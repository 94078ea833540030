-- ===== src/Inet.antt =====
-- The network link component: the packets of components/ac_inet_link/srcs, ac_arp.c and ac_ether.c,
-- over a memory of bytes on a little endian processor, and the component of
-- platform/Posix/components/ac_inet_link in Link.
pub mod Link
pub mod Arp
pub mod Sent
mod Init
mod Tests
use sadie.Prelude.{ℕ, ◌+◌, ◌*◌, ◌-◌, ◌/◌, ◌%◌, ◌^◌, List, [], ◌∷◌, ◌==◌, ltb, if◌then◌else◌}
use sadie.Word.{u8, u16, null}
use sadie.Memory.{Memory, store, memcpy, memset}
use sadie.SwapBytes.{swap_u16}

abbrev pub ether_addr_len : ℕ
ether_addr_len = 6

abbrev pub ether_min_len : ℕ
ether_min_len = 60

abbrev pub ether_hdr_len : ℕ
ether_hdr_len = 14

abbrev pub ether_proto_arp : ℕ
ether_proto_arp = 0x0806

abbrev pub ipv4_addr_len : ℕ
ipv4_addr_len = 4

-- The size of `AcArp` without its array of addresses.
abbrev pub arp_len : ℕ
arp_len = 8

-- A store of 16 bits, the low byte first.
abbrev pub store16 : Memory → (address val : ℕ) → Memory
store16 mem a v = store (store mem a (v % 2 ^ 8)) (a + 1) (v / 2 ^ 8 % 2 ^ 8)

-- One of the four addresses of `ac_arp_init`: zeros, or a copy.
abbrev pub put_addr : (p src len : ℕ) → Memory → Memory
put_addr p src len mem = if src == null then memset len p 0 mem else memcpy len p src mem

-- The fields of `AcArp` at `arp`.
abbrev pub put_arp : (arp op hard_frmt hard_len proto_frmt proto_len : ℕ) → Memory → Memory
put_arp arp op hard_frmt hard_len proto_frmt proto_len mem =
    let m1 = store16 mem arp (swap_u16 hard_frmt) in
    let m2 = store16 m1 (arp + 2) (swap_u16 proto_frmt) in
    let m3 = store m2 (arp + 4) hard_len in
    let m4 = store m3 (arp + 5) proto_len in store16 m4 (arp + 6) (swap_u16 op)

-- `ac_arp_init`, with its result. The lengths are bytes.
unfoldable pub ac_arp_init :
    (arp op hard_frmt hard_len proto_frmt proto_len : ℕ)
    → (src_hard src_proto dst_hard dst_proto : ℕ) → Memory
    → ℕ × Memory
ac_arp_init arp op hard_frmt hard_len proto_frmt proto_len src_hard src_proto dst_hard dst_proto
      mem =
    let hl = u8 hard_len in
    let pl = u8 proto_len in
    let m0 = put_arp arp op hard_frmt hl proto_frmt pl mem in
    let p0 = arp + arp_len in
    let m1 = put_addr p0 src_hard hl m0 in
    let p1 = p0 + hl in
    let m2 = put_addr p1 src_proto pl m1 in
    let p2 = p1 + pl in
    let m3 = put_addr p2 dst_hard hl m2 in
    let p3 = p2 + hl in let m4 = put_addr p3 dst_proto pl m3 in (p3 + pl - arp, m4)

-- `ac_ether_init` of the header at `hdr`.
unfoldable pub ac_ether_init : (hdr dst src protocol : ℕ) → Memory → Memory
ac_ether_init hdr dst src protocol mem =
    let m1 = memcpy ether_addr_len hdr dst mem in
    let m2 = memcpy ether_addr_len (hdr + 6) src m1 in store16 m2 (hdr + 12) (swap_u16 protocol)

* _EXERCISE BRIEF_: An exact reproduction of all the entries above is the expected answer.

* _TASK RESPONSE_:
repository 94078ea833540030
-- ===== src/Inet.antt =====
-- The network link component: the packets of components/ac_inet_link/srcs, ac_arp.c and ac_ether.c,
-- over a memory of bytes on a little endian processor, and the component of
-- platform/Posix/components/ac_inet_link in Link.
pub mod Link
pub mod Arp
pub mod Sent
mod Init
mod Tests
use sadie.Prelude.{ℕ, ◌+◌, ◌*◌, ◌-◌, ◌/◌, ◌%◌, ◌^◌, List, [], ◌∷◌, ◌==◌, ltb, if◌then◌else◌}
use sadie.Word.{u8, u16, null}
use sadie.Memory.{Memory, store, memcpy, memset}
use sadie.SwapBytes.{swap_u16}

abbrev pub ether_addr_len : ℕ
ether_addr_len = 6

abbrev pub ether_min_len : ℕ
ether_min_len = 60

abbrev pub ether_hdr_len : ℕ
ether_hdr_len = 14

abbrev pub ether_proto_arp : ℕ
ether_proto_arp = 0x0806

abbrev pub ipv4_addr_len : ℕ
ipv4_addr_len = 4

-- The size of `AcArp` without its array of addresses.
abbrev pub arp_len : ℕ
arp_len = 8

-- A store of 16 bits, the low byte first.
abbrev pub store16 : Memory → (address val : ℕ) → Memory
store16 mem a v = store (store mem a (v % 2 ^ 8)) (a + 1) (v / 2 ^ 8 % 2 ^ 8)

-- One of the four addresses of `ac_arp_init`: zeros, or a copy.
abbrev pub put_addr : (p src len : ℕ) → Memory → Memory
put_addr p src len mem = if src == null then memset len p 0 mem else memcpy len p src mem

-- The fields of `AcArp` at `arp`.
abbrev pub put_arp : (arp op hard_frmt hard_len proto_frmt proto_len : ℕ) → Memory → Memory
put_arp arp op hard_frmt hard_len proto_frmt proto_len mem =
    let m1 = store16 mem arp (swap_u16 hard_frmt) in
    let m2 = store16 m1 (arp + 2) (swap_u16 proto_frmt) in
    let m3 = store m2 (arp + 4) hard_len in
    let m4 = store m3 (arp + 5) proto_len in store16 m4 (arp + 6) (swap_u16 op)

-- `ac_arp_init`, with its result. The lengths are bytes.
unfoldable pub ac_arp_init :
    (arp op hard_frmt hard_len proto_frmt proto_len : ℕ)
    → (src_hard src_proto dst_hard dst_proto : ℕ) → Memory
    → ℕ × Memory
ac_arp_init arp op hard_frmt hard_len proto_frmt proto_len src_hard src_proto dst_hard dst_proto
      mem =
    let hl = u8 hard_len in
    let pl = u8 proto_len in
    let m0 = put_arp arp op hard_frmt hl proto_frmt pl mem in
    let p0 = arp + arp_len in
    let m1 = put_addr p0 src_hard hl m0 in
    let p1 = p0 + hl in
    let m2 = put_addr p1 src_proto pl m1 in
    let p2 = p1 + pl in
    let m3 = put_addr p2 dst_hard hl m2 in
    let p3 = p2 + hl in let m4 = put_addr p3 dst_proto pl m3 in (p3 + pl - arp, m4)

-- `ac_ether_init` of the header at `hdr`.
unfoldable pub ac_ether_init : (hdr dst src protocol : ℕ) → Memory → Memory
ac_ether_init hdr dst src protocol mem =
    let m1 = memcpy ether_addr_len hdr dst mem in
    let m2 = memcpy ether_addr_len (hdr + 6) src m1 in store16 m2 (hdr + 12) (swap_u16 protocol)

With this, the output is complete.